Scenario B (B1 and B2 cells) examines the same two cell lines (wild type and transgenic overexpressing gene that confers stress tolerance) having been subjected to a high stress level (e.g. 60 °C for 10 min). The stress treatment results in cells undergoing either PCD or necrosis only (no survivors), and adding a factor (e.g. transgenic gene product) that reduces the stress may simply shift cells from necrosis to PCD. In this scenario, if cell viability (e.g. FDA staining) is the only way in which cells are assessed then there is no difference between absolute death levels in the cell lines (Fig. 2, B1 and B2). However, scoring necrosis and AL-PCD rates (e.g. FDA and morphology) would demonstrate that the transgenic line is responding significantly differently to the stress than the wild-type cell line.

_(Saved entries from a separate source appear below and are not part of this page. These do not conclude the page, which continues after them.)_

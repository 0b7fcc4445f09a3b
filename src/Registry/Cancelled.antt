-- ===== src/Registry/Cancelled.antt =====
-- src/waitd.py, `cancel` and what `restore` takes up behind it.
use wait_skill.Prelude.{
  ℕ, Bool, true, false, ◌≡◌, ◌≢◌, ◌∙◌, refl, sym, ap, Option, none, some, List, [], ◌∷◌, String,
  ◌==◌, elem, ok, arith, inl, inr, Bool-cases, subst, eq_iff,
}
use wait_skill.Registry.State.{
  Watcher, is_active, ids, is_kept, surplus, save, cancelled_at, find, cancel, cancel_found,
  restored,
}
use wait_skill.Registry.Sorting.{IsIn, select-IsIn}
use wait_skill.Registry.Pruning.{are_distinct, elem-ids, one_of_id}

find-IsIn :
    (id : String) (xs : List Watcher) (w : Watcher)
    → find id xs ≡ some w
    → IsIn w xs × (w.watch_id ≡ id)
find-IsIn id [] w h = absurd (cc h)
find-IsIn id (x ∷ xs) w h = elim (Bool-cases (x.watch_id == id)) [
  | inl here ↦
      let found : some x ≡ some w = rw here at h in
      let same : x ≡ w = cc found in
      (inl same, ap (λ y. y.watch_id) (sym same) ∙ (eq_iff x.watch_id id).0 here)
  | inr later ↦ let more = find-IsIn id xs w (rw later at h) in (inr more.0, more.1)
]

-- The watch of that identifier is cancelled.
cancelled_at-over :
    (now : ℕ) (id : String) (xs : List Watcher) (x : Watcher)
    → are_distinct xs ≡ true
    → IsIn x (cancelled_at now id xs)
    → x.watch_id ≡ id
    → is_active x.state ≡ false
unfolding are_distinct
cancelled_at-over now id [] x h there same = absurd there
cancelled_at-over now id (w ∷ xs) x h there same = elim (Bool-cases (w.watch_id == id)) [
  | inl here ↦ elim (rw here at there) [
    | inl first ↦ ap (λ y. is_active y.state) (sym first)
    | inr more ↦
        let known = ap (λ k. elem k (ids xs)) (same ∙ sym ((eq_iff w.watch_id id).0 here)) in
        let twice = sym known ∙ elem-ids x xs more in absurd (ground (arith, h, twice))
  ]
  | inr later ↦ elim (rw later at there) [
    | inl first ↦
        let mine : (w.watch_id == id) ≡ true =
          (eq_iff w.watch_id id).1 (ap (λ y. y.watch_id) first ∙ same) in
        absurd (cc (sym later ∙ mine))
    | inr more ↦ cancelled_at-over now id xs x (ground (arith, h)) more same
  ]
]

cancel_found-over :
    (protected : List String) (now : ℕ) (id : String) (watchers : List Watcher) (o : Option Watcher)
    (done : List Watcher × Bool) (x : Watcher)
    → find id watchers ≡ o
    → are_distinct watchers ≡ true
    → cancel_found protected now id watchers o ≡ ok done
    → IsIn x done.0
    → x.watch_id ≡ id
    → is_active x.state ≡ false
unfolding save
cancel_found-over protected now id watchers none done x at h k there same = absurd (cc k)
cancel_found-over protected now id watchers (some w) done x at h k there same =
    elim (Bool-cases (is_active w.state)) [
      | inl live ↦
          let result : ok (save protected (cancelled_at now id watchers), false) ≡ ok done =
            rw live at k in
          let equal : (save protected (cancelled_at now id watchers), false) ≡ done = cc result in
          let kept = subst (λ d. IsIn x d.0) (sym equal) there in
          let from =
            select-IsIn (is_kept (surplus protected (cancelled_at now id watchers))) x
              (cancelled_at now id watchers) kept in
          cancelled_at-over now id watchers x h from.0 same
      | inr over ↦
          let result : ok (watchers, true) ≡ ok done = rw over at k in
          let equal : (watchers, true) ≡ done = cc result in
          let kept : IsIn x watchers = subst (λ d. IsIn x d.0) (sym equal) there in
          let known = find-IsIn id watchers w at in
          let one = one_of_id watchers w x h known.0 kept (known.1 ∙ sym same) in
          ap (λ y. is_active y.state) (sym one) ∙ over
    ]

-- When a request to cancel a watch succeeds, also as a duplicate, the service does not take the watch up
-- when it starts again from that registry; its identifiers are distinct.
pub cancel-restored :
    (protected : List String) (now : ℕ) (id : String) (watchers behind : List Watcher)
    (duplicate : Bool) (x : Watcher)
    → are_distinct watchers ≡ true
    → cancel protected now id watchers ≡ ok (behind, duplicate)
    → IsIn x (restored behind)
    → x.watch_id ≢ id
unfolding cancel
cancel-restored protected now id watchers behind duplicate x h done there same =
    let live = select-IsIn (λ w. is_active w.state) x behind there in
    let over =
      cancel_found-over protected now id watchers (find id watchers) (behind, duplicate) x refl h
        done live.0 same in
    cc (sym live.1 ∙ over)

An example of the above scenario was demonstrated in a study by Burbridge et al. (2007). They used both FDA and morphological changes associated with AL-PCD to monitor changes in transgenic cultures of tobacco with high levels of peroxidase activity. Peroxidases can regulate ROS within a cell and ROS has been implicated in both signalling and triggering of PCD (Burbridge et al., 2007). Using the heat shock assay, the authors showed that, compared with wild-type cells, transgenic cultures with elevated levels of peroxidase have higher PCD rates up to 55 °C, and lower PCD rates above 55 °C. The different threshold effects can explain this apparent contradiction. Presumably over-expression of a peroxidase gene has a significant effect on reactive oxygen species (ROS) levels in the cell and altering ROS levels can cause alive/PCD/necrosis threshold changes as it alters cellular stress levels. If peroxidase overproducing cells have higher ROS levels than wild-type cells, they will be more sensitive than the wild-type cell to PCD-inducing stresses. At temperatures below 55 °C the effect of peroxidase overexpression will be that more transgenic cells die and so more cells undergo AL-PCD than in wild-type cultures. However, at temperatures above 55 °C, all cells will die either by necrosis or AL-PCD. Higher ROS levels will cause more of the transgenic population to undergo necrosis rather than AL-PCD so PCD rates are seen to fall compared with the wild type above 55 °C. This conclusion could not be arrived at if cell viability (FDA alone) had been the endpoint measure of PCD.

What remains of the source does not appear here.